===== Listed entries =====

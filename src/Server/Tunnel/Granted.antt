-- ===== src/Server/Tunnel/Granted.antt =====
-- What opening a tunnel does to the registry, in every case: one free URL is taken, or nothing is.
use ngrok.Prelude.{
  ℕ, ◌^◌, ◌<◌, List, [], ◌∷◌, ◌++◌, ◌≡◌, refl, ap, Option, none, some, length, inl, inr, Bool-cases,
  Option-cases,
}
use ngrok.Prelude.Maps.{Map, get, put}
use ngrok.Prelude.Text.{Text, text_dec, same, to_lower, trim_space}
use ngrok.Server.Names.{valid_hostname, valid_hostname_label, hostname_allowed}
use ngrok.Server.Vhosts.{default_port}
use ngrok.Server.Registry.{TunnelRegistry, register_repeat}
use ngrok.Server.Registry.Cached.{IsSound}
use ngrok.Server.Registry.Exclusive.{register_free, register_taken}
use ngrok.Server.Registry.Repeat.{Assigns, tried_urls, register_repeat_lem}
use ngrok.Server.Tunnel.State.{
  Refusal, Tunnel, Outside, Opened, owner, refused, accepted, already_registered, no_free_url,
  invalid_hostname, outside_domains, invalid_subdomain, no_default_port,
}
use ngrok.Server.Tunnel.Vhost.{
  register_url, register_hostname, register_subdomain, register_random, register_at, url_of,
  random_url,
}

-- What became of the tunnels `m`, given whether the tunnel is refused: it has one URL, which was free
-- and is now its own; or it has no URL, and nothing has changed.
abbrev pub Verdict : Map Text ℕ → Opened → Option Refusal → Type 0
Verdict m o none =
    (get text_dec o.tunnel.url m ≡ none)
    × (o.registry.tunnels ≡ put text_dec o.tunnel.url o.tunnel.address m)
    × (o.tunnel.urls ≡ o.tunnel.url ∷ [])
Verdict m o (some e) = (o.registry.tunnels ≡ m) × (o.tunnel.urls ≡ [])

pub record Granted (address : ℕ) (m : Map Text ℕ) (o : Opened) : Type 0 where
  pub sound : IsSound o.registry
  pub same_address : o.tunnel.address ≡ address
  pub verdict : Verdict m o o.refusal

pub refused-Granted :
    (r : TunnelRegistry) (t : Tunnel) (e : Refusal)
    → IsSound r
    → t.urls ≡ []
    → Granted t.address r.tunnels (refused r t e)
refused-Granted r t e v bare = record { sound = v; same_address = refl; verdict = (refl, bare) }

-- `registerURL` of a tunnel with no URL.
register_url-Granted :
    (url : Text) (r : TunnelRegistry) (t : Tunnel)
    → IsSound r
    → t.urls ≡ []
    → t.url ≡ []
    → Granted t.address r.tunnels (register_url url r t)
unfolding register_url text_dec
register_url-Granted url r t v bare unset = elim (Option-cases (get text_dec url r.tunnels)) [
  | inl free ↦
      rw (register_free url t.address r free, unset, bare)
        (record { sound = v; same_address = refl; verdict = (free, refl, refl) })
  | inr (u, taken) ↦
      rw (register_taken url t.address u r taken) (refused-Granted r t already_registered v bare)
]

module _ (out : Outside) (protocol vhost : Text) (r : TunnelRegistry) (t : Tunnel) (v : IsSound r)
    (bare : t.urls ≡ []) where
  assigned-Granted :
      (tried : List Text) (r' : TunnelRegistry) (result : Option Text)
      → register_repeat out.now (random_url protocol vhost out.random) (owner t) r
        ≡ some (r', result)
      → IsSound r'
      → Assigns tried t.address r.tunnels r'.tunnels result
      → (o : Opened) × (register_random out protocol vhost r t ≡ some o)
        × Granted t.address r.tunnels o
  unfolding register_random
  assigned-Granted tried r' none run sound a = (
    refused r' (record t { url = [] }) no_free_url,
    rw run,
    record { sound = sound; same_address = refl; verdict = (a.1, bare) },
  )
  assigned-Granted tried r' (some url) run sound a = (
    accepted r' (record t { url = url; urls = t.urls ++ url ∷ [] }),
    rw run,
    record {
      sound = sound;
      same_address = refl;
      verdict = (a.0, a.1, ap (λ l. l ++ url ∷ []) bare);
    },
  )

  register_random-Granted :
      ((i : ℕ) → length (random_url protocol vhost out.random i) < 2 ^ 63)
      → (o : Opened) × (register_random out protocol vhost r t ≡ some o)
        × Granted t.address r.tunnels o
  register_random-Granted small =
      let (r', result, cached, run, _, sound, a) =
        register_repeat_lem out.now (random_url protocol vhost out.random) (owner t) small r v in
      assigned-Granted (tried_urls (random_url protocol vhost out.random) cached) r' result run
        sound a

module _ (out : Outside) (protocol : Text) (r : TunnelRegistry) (t : Tunnel) (v : IsSound r)
    (bare : t.urls ≡ []) (unset : t.url ≡ []) where
  register_hostname-Granted :
      (vhosts : List Text) (hostname : Text)
      → Granted t.address r.tunnels (register_hostname protocol vhosts hostname r t)
  unfolding register_hostname
  register_hostname-Granted vhosts hostname = elim (Bool-cases (valid_hostname hostname)) [
    | inr invalid ↦ rw (invalid, register_hostname) (refused-Granted r t invalid_hostname v bare)
    | inl valid ↦ elim (Bool-cases (hostname_allowed hostname vhosts)) [
      | inr outside ↦
          rw (valid, register_hostname, outside) (refused-Granted r t outside_domains v bare)
      | inl allowed ↦
          rw (valid, register_hostname, allowed)
            (register_url-Granted (url_of protocol hostname) r t v bare unset)
    ]
  ]

  register_subdomain-Granted :
      (vhost subdomain : Text)
      → Granted t.address r.tunnels (register_subdomain protocol vhost subdomain r t)
  unfolding register_subdomain
  register_subdomain-Granted vhost subdomain = elim (Bool-cases (valid_hostname_label subdomain)) [
    | inr invalid ↦ rw (invalid, register_subdomain) (refused-Granted r t invalid_subdomain v bare)
    | inl valid ↦
        rw (valid, register_subdomain)
          (register_url-Granted (url_of protocol (subdomain ++ b'.' ∷ vhost)) r t v bare unset)
  ]

  pub register_at-Granted :
      (vhost : Text) (vhosts : List Text)
      → ((i : ℕ) → length (random_url protocol vhost out.random i) < 2 ^ 63)
      → (o : Opened) × (register_at out protocol vhost vhosts r t ≡ some o)
        × Granted t.address r.tunnels o
  unfolding register_at
  register_at-Granted vhost vhosts small =
      let hostname = to_lower (trim_space t.req.hostname) in
      let subdomain = to_lower (trim_space t.req.subdomain) in
      elim (Option-cases (default_port protocol)) [
        | inl unknown ↦ (_, rw (unknown, register_at), refused-Granted r t no_default_port v bare)
        | inr (port, known) ↦ elim (Bool-cases (same hostname [])) [
          | inr named ↦ (
            _,
            rw (known, register_at, named),
            register_hostname-Granted (vhost ∷ vhosts) hostname,
          )
          | inl unnamed ↦ elim (Bool-cases (same subdomain [])) [
            | inr sub ↦ (
              _,
              rw (known, register_at, unnamed, sub),
              register_subdomain-Granted vhost subdomain,
            )
            | inl random ↦
                rw (known, register_at, unnamed, random)
                  (register_random-Granted out protocol vhost r t v bare small)
          ]
        ]
      ]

=====

Every line of the data must appear again in the answer, exactly as written.

filename src/Server/Tunnel/Granted.antt
-- ===== src/Server/Tunnel/Granted.antt =====
-- What opening a tunnel does to the registry, in every case: one free URL is taken, or nothing is.
use ngrok.Prelude.{
  ℕ, ◌^◌, ◌<◌, List, [], ◌∷◌, ◌++◌, ◌≡◌, refl, ap, Option, none, some, length, inl, inr, Bool-cases,
  Option-cases,
}
use ngrok.Prelude.Maps.{Map, get, put}
use ngrok.Prelude.Text.{Text, text_dec, same, to_lower, trim_space}
use ngrok.Server.Names.{valid_hostname, valid_hostname_label, hostname_allowed}
use ngrok.Server.Vhosts.{default_port}
use ngrok.Server.Registry.{TunnelRegistry, register_repeat}
use ngrok.Server.Registry.Cached.{IsSound}
use ngrok.Server.Registry.Exclusive.{register_free, register_taken}
use ngrok.Server.Registry.Repeat.{Assigns, tried_urls, register_repeat_lem}
use ngrok.Server.Tunnel.State.{
  Refusal, Tunnel, Outside, Opened, owner, refused, accepted, already_registered, no_free_url,
  invalid_hostname, outside_domains, invalid_subdomain, no_default_port,
}
use ngrok.Server.Tunnel.Vhost.{
  register_url, register_hostname, register_subdomain, register_random, register_at, url_of,
  random_url,
}

-- What became of the tunnels `m`, given whether the tunnel is refused: it has one URL, which was free
-- and is now its own; or it has no URL, and nothing has changed.
abbrev pub Verdict : Map Text ℕ → Opened → Option Refusal → Type 0
Verdict m o none =
    (get text_dec o.tunnel.url m ≡ none)
    × (o.registry.tunnels ≡ put text_dec o.tunnel.url o.tunnel.address m)
    × (o.tunnel.urls ≡ o.tunnel.url ∷ [])
Verdict m o (some e) = (o.registry.tunnels ≡ m) × (o.tunnel.urls ≡ [])

pub record Granted (address : ℕ) (m : Map Text ℕ) (o : Opened) : Type 0 where
  pub sound : IsSound o.registry
  pub same_address : o.tunnel.address ≡ address
  pub verdict : Verdict m o o.refusal

pub refused-Granted :
    (r : TunnelRegistry) (t : Tunnel) (e : Refusal)
    → IsSound r
    → t.urls ≡ []
    → Granted t.address r.tunnels (refused r t e)
refused-Granted r t e v bare = record { sound = v; same_address = refl; verdict = (refl, bare) }

-- `registerURL` of a tunnel with no URL.
register_url-Granted :
    (url : Text) (r : TunnelRegistry) (t : Tunnel)
    → IsSound r
    → t.urls ≡ []
    → t.url ≡ []
    → Granted t.address r.tunnels (register_url url r t)
unfolding register_url text_dec
register_url-Granted url r t v bare unset = elim (Option-cases (get text_dec url r.tunnels)) [
  | inl free ↦
      rw (register_free url t.address r free, unset, bare)
        (record { sound = v; same_address = refl; verdict = (free, refl, refl) })
  | inr (u, taken) ↦
      rw (register_taken url t.address u r taken) (refused-Granted r t already_registered v bare)
]

module _ (out : Outside) (protocol vhost : Text) (r : TunnelRegistry) (t : Tunnel) (v : IsSound r)
    (bare : t.urls ≡ []) where
  assigned-Granted :
      (tried : List Text) (r' : TunnelRegistry) (result : Option Text)
      → register_repeat out.now (random_url protocol vhost out.random) (owner t) r
        ≡ some (r', result)
      → IsSound r'
      → Assigns tried t.address r.tunnels r'.tunnels result
      → (o : Opened) × (register_random out protocol vhost r t ≡ some o)
        × Granted t.address r.tunnels o
  unfolding register_random
  assigned-Granted tried r' none run sound a = (
    refused r' (record t { url = [] }) no_free_url,
    rw run,
    record { sound = sound; same_address = refl; verdict = (a.1, bare) },
  )
  assigned-Granted tried r' (some url) run sound a = (
    accepted r' (record t { url = url; urls = t.urls ++ url ∷ [] }),
    rw run,
    record {
      sound = sound;
      same_address = refl;
      verdict = (a.0, a.1, ap (λ l. l ++ url ∷ []) bare);
    },
  )

  register_random-Granted :
      ((i : ℕ) → length (random_url protocol vhost out.random i) < 2 ^ 63)
      → (o : Opened) × (register_random out protocol vhost r t ≡ some o)
        × Granted t.address r.tunnels o
  register_random-Granted small =
      let (r', result, cached, run, _, sound, a) =
        register_repeat_lem out.now (random_url protocol vhost out.random) (owner t) small r v in
      assigned-Granted (tried_urls (random_url protocol vhost out.random) cached) r' result run
        sound a

module _ (out : Outside) (protocol : Text) (r : TunnelRegistry) (t : Tunnel) (v : IsSound r)
    (bare : t.urls ≡ []) (unset : t.url ≡ []) where
  register_hostname-Granted :
      (vhosts : List Text) (hostname : Text)
      → Granted t.address r.tunnels (register_hostname protocol vhosts hostname r t)
  unfolding register_hostname
  register_hostname-Granted vhosts hostname = elim (Bool-cases (valid_hostname hostname)) [
    | inr invalid ↦ rw (invalid, register_hostname) (refused-Granted r t invalid_hostname v bare)
    | inl valid ↦ elim (Bool-cases (hostname_allowed hostname vhosts)) [
      | inr outside ↦
          rw (valid, register_hostname, outside) (refused-Granted r t outside_domains v bare)
      | inl allowed ↦
          rw (valid, register_hostname, allowed)
            (register_url-Granted (url_of protocol hostname) r t v bare unset)
    ]
  ]

  register_subdomain-Granted :
      (vhost subdomain : Text)
      → Granted t.address r.tunnels (register_subdomain protocol vhost subdomain r t)
  unfolding register_subdomain
  register_subdomain-Granted vhost subdomain = elim (Bool-cases (valid_hostname_label subdomain)) [
    | inr invalid ↦ rw (invalid, register_subdomain) (refused-Granted r t invalid_subdomain v bare)
    | inl valid ↦
        rw (valid, register_subdomain)
          (register_url-Granted (url_of protocol (subdomain ++ b'.' ∷ vhost)) r t v bare unset)
  ]

  pub register_at-Granted :
      (vhost : Text) (vhosts : List Text)
      → ((i : ℕ) → length (random_url protocol vhost out.random i) < 2 ^ 63)
      → (o : Opened) × (register_at out protocol vhost vhosts r t ≡ some o)
        × Granted t.address r.tunnels o
  unfolding register_at
  register_at-Granted vhost vhosts small =
      let hostname = to_lower (trim_space t.req.hostname) in
      let subdomain = to_lower (trim_space t.req.subdomain) in
      elim (Option-cases (default_port protocol)) [
        | inl unknown ↦ (_, rw (unknown, register_at), refused-Granted r t no_default_port v bare)
        | inr (port, known) ↦ elim (Bool-cases (same hostname [])) [
          | inr named ↦ (
            _,
            rw (known, register_at, named),
            register_hostname-Granted (vhost ∷ vhosts) hostname,
          )
          | inl unnamed ↦ elim (Bool-cases (same subdomain [])) [
            | inr sub ↦ (
              _,
              rw (known, register_at, unnamed, sub),
              register_subdomain-Granted vhost subdomain,
            )
            | inl random ↦
                rw (known, register_at, unnamed, random)
                  (register_random-Granted out protocol vhost r t v bare small)
          ]
        ]
      ]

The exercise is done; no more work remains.